EXERCISE OBJECTIVE: Everything from the line containing "(Overhangs two_processes.memory)" through the last line of the data below should be set down exactly, and nothing else.

--------------------------------------------------

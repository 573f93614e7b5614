-- ===== src/Scheduler/Schedule.antt =====
-- `schedule` of process/process.c picks the first of the ready processes.
use apna_os.Prelude.{
  ℕ, ◌+◌, ◌<◌, ◌≡◌, refl, ◌≢◌, arith, Option, none, some, List, [], ◌∷◌, false, ◌∙◌, ap, sym, subst,
  length, update_self, update_ne, Bool-cases, inl, inr,
}
use apna_os.Prelude.Run
use apna_os.Prelude.Run.{Run, done, Returns, returns}
use apna_os.Process.{Pcb}
use apna_os.Scheduler.{
  Kernel, change, set_state, state_ready, state_running, Switch, to_cli, save_stack, switch_to,
  schedule,
}
use apna_os.Scheduler.Live.{Live}
use apna_os.Scheduler.Invariant.{
  IsReady, IsKernel, IsReady-same, SameCores-all, change-IsReady, kept-IsReady, core, update-same,
}
use apna_os.Scheduler.Ready.{Taken, idle, taken, dequeue_ready-Taken}
use apna_os.Scheduler.Requeue.{
  waiting, entry, standing, SameEntries, links-SameEntries, Requeued, requeue-Requeued,
}

-- The processes that did not run and are not `x` stand as before.
abbrev pub OthersStay : ℕ → Kernel → Kernel → Type 0
OthersStay x k k' =
    (a : ℕ)
    → (k.blocks a).state ≢ state_running
    → a ≢ x
    → standing (k'.blocks a) ≡ standing (k.blocks a)

-- What `schedule` comes to, for the ready processes with the one that ran.
pub data Scheduled (k : Kernel) : List ℕ → Switch → Kernel → Type 0 where
  idles : IsKernel k [] → Scheduled k [] to_cli k
  runs :
      (x : ℕ) (xs : List ℕ) {k' : Kernel}
      → IsKernel k' xs
      → k'.current_process ≡ some x
      → (k'.blocks x).state ≡ state_running
      → (k'.blocks x).is_new_child ≡ false
      → OthersStay x k k'
      → Scheduled k (x ∷ xs) (entry x (k.blocks x)) k'

-- A process that is to run, on its way out of the queue.
record IsNext (k : Kernel) (x : ℕ) (xs : List ℕ) : Type 0 where
  is_ready : IsReady k xs
  live : Live k.memory x
  state : (k.blocks x).state ≡ state_running

-- A change to what neither the queue nor the states are read from.
change-IsNext :
    (p : ℕ) (f : Pcb → Pcb) (k : Kernel) (x : ℕ) (xs : List ℕ)
    → core (f (k.blocks p)) ≡ core (k.blocks p)
    → (f (k.blocks p)).parent ≡ (k.blocks p).parent
    → IsNext k x xs
    → IsNext (change p f k) x xs
change-IsNext p f k x xs same parent v = record {
  is_ready = kept-IsReady p f k xs same parent v.is_ready;
  live = v.live;
  state = ap (λ t. t.1.1) (update-same core k.blocks p (f (k.blocks p)) same x) ∙ v.state;
}

save_stack-IsNext :
    (esp : ℕ) (cur : Option ℕ) (k : Kernel) (x : ℕ) (xs : List ℕ)
    → IsNext k x xs
    → IsNext (save_stack esp cur k) x xs
save_stack-IsNext esp none k x xs v = v
save_stack-IsNext esp (some c) k x xs v =
    change-IsNext c (λ b. record b { kernel_stack_ptr = esp }) k x xs refl refl v

save_stack-entries : (esp : ℕ) (cur : Option ℕ) (k : Kernel) → SameEntries k (save_stack esp cur k)
save_stack-entries esp none k a = refl
save_stack-entries esp (some c) k a =
    update-same (entry a) k.blocks c (record (k.blocks c) { kernel_stack_ptr = esp }) refl a

save_stack-standing :
    (esp : ℕ) (cur : Option ℕ) (k : Kernel) (a : ℕ)
    → standing ((save_stack esp cur k).blocks a) ≡ standing (k.blocks a)
save_stack-standing esp none k a = refl
save_stack-standing esp (some c) k a =
    update-same standing k.blocks c (record (k.blocks c) { kernel_stack_ptr = esp }) refl a

-- `current_process = x`
current-IsKernel :
    (k : Kernel) (x : ℕ) (xs : List ℕ)
    → IsNext k x xs
    → IsKernel (record k { current_process = some x }) xs
current-IsKernel k x xs v = record {
  is_ready =
      IsReady-same k (record k { current_process = some x }) xs refl
        (SameCores-all k.blocks k.blocks xs (λ a. refl)) (λ a l. l) v.is_ready.parents v.is_ready;
  current = λ c e.
      let same : x ≡ c = cc in
      subst (λ c. Live k.memory c × ((k.blocks c).state ≢ state_ready)) same
        (v.live, λ z. omega (arith, z, v.state));
}

module _ (k : Kernel) where
  -- The jump to `x`: to a new child, whose flag is cleared, or to a process that ran before.
  switch_to-runs :
      (esp x : ℕ) (xs : List ℕ) (k' : Kernel)
      → SameEntries k k'
      → ((a : ℕ)
          → (k.blocks a).state ≢ state_running
          → standing (k'.blocks a) ≡ standing (k.blocks a))
      → IsNext (save_stack esp k'.current_process (set_state x state_running k')) x xs
      → Returns (Scheduled k (x ∷ xs)) (switch_to esp (some x) k')
  unfolding switch_to
  switch_to-runs esp x xs k' entries stay v =
      let k0 = set_state x state_running k' in
      let k1 = save_stack esp k'.current_process k0 in
      let same : entry x (k1.blocks x) ≡ entry x (k.blocks x) =
        save_stack-entries esp k'.current_process k0 x
        ∙ update-same (entry x) k'.blocks x (record (k'.blocks x) { state = state_running }) refl x
        ∙ entries x in
      let others : OthersStay x k k1 = λ a ne apart.
        save_stack-standing esp k'.current_process k0 a
        ∙ ap standing (
            update_ne k'.blocks x a (record (k'.blocks x) { state = state_running })
              (λ e. apart (sym e)))
        ∙ stay a ne in
      elim (Bool-cases ((k1.blocks x).is_new_child)) [
        | inl t ↦
            let clear = λ (b : Pcb). record b { is_new_child = false } in
            let v' = change-IsNext x clear k1 x xs refl refl v in
            rw t (
              returns (
                subst
                  (λ sw.
                    Scheduled k (x ∷ xs) sw
                      (record (change x clear k1) { current_process = some x }))
                  (sym same ∙ rw t)
                  (runs x xs (current-IsKernel (change x clear k1) x xs v') refl v'.state
                    (ap (λ b. b.is_new_child) (update_self k1.blocks x (clear (k1.blocks x))))
                    (λ a ne apart.
                      update-same standing k1.blocks x (clear (k1.blocks x)) refl a
                      ∙ others a ne apart))))
        | inr f ↦ rw f (
            returns (
              subst (λ sw. Scheduled k (x ∷ xs) sw (record k1 { current_process = some x }))
                (sym same ∙ rw f) (runs x xs (current-IsKernel k1 x xs v) refl v.state f others)))
      ]

  switch_to-Scheduled :
      (esp : ℕ) (ws : List ℕ) (next : Option ℕ) (k1 k2 : Kernel)
      → ((c : ℕ)
          → k.current_process ≡ some c
          → Live k.memory c × ((k.blocks c).state ≢ state_ready))
      → Requeued k ws k1
      → Taken k1 ws next k2
      → Returns (Scheduled k ws) (switch_to esp next k2)
  unfolding switch_to
  switch_to-Scheduled esp _ _ k1 _ cur r idle = returns (
      subst (λ k'. Scheduled k [] to_cli k') (sym (r.rests refl))
        (idles (record {
          is_ready = subst (λ k'. IsReady k' []) (r.rests refl) r.is_ready;
          current = cur;
        })))
  switch_to-Scheduled esp _ _ k1 _ cur r (taken x xs {k' = k2} v s out live) =
      let f = λ (b : Pcb). record b { state = state_running } in
      switch_to-runs esp x xs k2 (λ a. links-SameEntries k1 k2 s a ∙ r.entries a)
        (λ a ne. ap standing (s.links a) ∙ r.stay a ne)
        (save_stack-IsNext esp k2.current_process (change x f k2) x xs (record {
          is_ready = change-IsReady x f k2 xs out (v.parents x) v;
          live = subst (λ m. Live m x) (sym s.memory) live;
          state = ap (λ b. b.state) (update_self k2.blocks x (f (k2.blocks x)));
        }))

-- If the ready queue stands for a list in the order of the priorities whose processes are ready and
-- in use, every parent is in use, and the current process, if there is one, is in use and not ready,
-- then `schedule` ends
-- with as much fuel as processes are ready. The current process, if it runs, goes back behind those
-- of no larger priority number. If none is ready then, `schedule` leaves to the shell and nothing
-- changed. Else it leaves to the first of them, at its saved stack, a new child as such and once
-- only; that process is current and running, the queue stands for the rest, and the others that did
-- not run keep their state and exit status. What is assumed of the queue and the current process
-- holds again in both cases.
pub schedule-Scheduled :
    (fuel esp : ℕ) (k : Kernel) (ready : List ℕ)
    → IsKernel k ready
    → length ready < fuel + 1
    → Returns (Scheduled k (waiting k k.current_process ready)) (schedule fuel esp k)
unfolding schedule
schedule-Scheduled fuel esp k ready v bound =
    let ws = waiting k k.current_process ready in
    Run.bind (requeue-Requeued fuel k ready k.current_process v bound refl) λ _ k1 r.
      Run.bind (dequeue_ready-Taken k1 ws r.is_ready)
        λ next k2 t. switch_to-Scheduled k esp ws next k1 k2 v.current r t
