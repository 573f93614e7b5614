-- ===== src/Scheduler/Tests.antt =====
-- The scheduler on concrete processes.
use apna_os.Prelude.{
  none-some, ℕ, ◌≡◌, refl, arith, [], ◌∷◌, false, none, some, Option, ◌==◌, if◌then◌else◌,
}
use apna_os.Prelude.Int.{pos}
use apna_os.Prelude.Run.{Returns, Ends}
use apna_os.Process.{Pcb}
use apna_os.Process.Chain.{insert}
use apna_os.Scheduler.{Kernel, schedule, create_process}
use apna_os.Scheduler.Invariant.{IsKernel}
use apna_os.Scheduler.Create.{Created, Overhangs, create_process-Created}
use apna_os.Scheduler.Requeue.{waiting}
use apna_os.Scheduler.Schedule.{Scheduled, schedule-Scheduled}

abbrev pub blank : Pcb
blank = record {
  pid = 1;
  state = 0;
  user_stack_ptr = 0;
  cr3 = 0;
  priority = pos 0;
  deadline = pos 0;
  time_to_run = pos 0;
  next = none;
  next_in_table = none;
  parent = none;
  exit_status = pos 0;
  is_new_child = false;
  weight = 0;
  vruntime = 0;
  vr_node = record { rb_left = none; rb_right = none; rb_parent = none; rb_red = false };
  user_stack_base = 0;
  kernel_stack_base = 0;
  kernel_stack_ptr = 0;
}

-- The block at 8 is ready with priority 3; the one at 4104 runs with priority 5 and has
-- its stack at 8200.
abbrev pub two_processes : Kernel
two_processes = record {
  memory = record {
    kernel_memory = λ p. 0;
    page_table = λ p.
        if p == 0 then 1 else if p == 1 then 1 else if p == 2 then 1 else if p == 3 then 2 else 0;
    last_page_index = 4;
  };
  blocks = λ p. record blank {
    state = if p == 4104 then 1 else 0;
    priority = if p == 8 then pos 3 else pos 5;
    user_stack_base = if p == 4104 then 8200 else 0;
  };
  ready_queue = record { front = some 8; rear = some 8 };
  current_process = some 4104;
  process_table_head = none;
  next_pid = 3;
}

runs_at : (c : ℕ) → ◌≡◌ {A = Option ℕ} (some 4104) (some c) → c ≡ 4104
runs_at c e = cc

pub two_processes-IsKernel : IsKernel two_processes (8 ∷ [])
two_processes-IsKernel = record {
  is_ready = record {
    queue = record { chain = (refl, refl); rear = refl; distinct = (tt, tt); sorted = (tt, tt) };
    states = (refl, tt);
    live = ((omega arith, λ e. omega (arith, e)), tt);
    parents = λ a p e. absurd (none-some p e);
  };
  current = λ c e. rw (runs_at c e) ((omega arith, λ e. omega (arith, e)), λ e. omega (arith, e));
}

schedule-Scheduled_example :
    Returns
      (Scheduled two_processes (waiting two_processes two_processes.current_process (8 ∷ [])))
      (schedule 5 20000 two_processes)
schedule-Scheduled_example =
    schedule-Scheduled 5 20000 two_processes (8 ∷ []) two_processes-IsKernel (omega arith)

create_process-Created_example :
    Ends
      (Overhangs two_processes.memory)
      (Created two_processes (8 ∷ []) (7, (pos 2, (pos 0, pos 0))) 65536)
      (create_process 5 7 65536 (pos 2) (pos 0) (pos 0) two_processes)
create_process-Created_example =
    create_process-Created 5 7 65536 (pos 2) (pos 0) (pos 0) (8 ∷ []) (omega arith) two_processes
      two_processes-IsKernel

-- The process that is ready goes before the one that ran.
the_more_urgent : waiting two_processes (some 4104) (8 ∷ []) ≡ 8 ∷ 4104 ∷ []
unfolding insert
the_more_urgent = refl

--------------------------------------------------

ANSWER SPACE:
      (Overhangs two_processes.memory)
      (Created two_processes (8 ∷ []) (7, (pos 2, (pos 0, pos 0))) 65536)
      (create_process 5 7 65536 (pos 2) (pos 0) (pos 0) two_processes)
create_process-Created_example =
    create_process-Created 5 7 65536 (pos 2) (pos 0) (pos 0) (8 ∷ []) (omega arith) two_processes
      two_processes-IsKernel

-- The process that is ready goes before the one that ran.
the_more_urgent : waiting two_processes (some 4104) (8 ∷ []) ≡ 8 ∷ 4104 ∷ []
unfolding insert
the_more_urgent = refl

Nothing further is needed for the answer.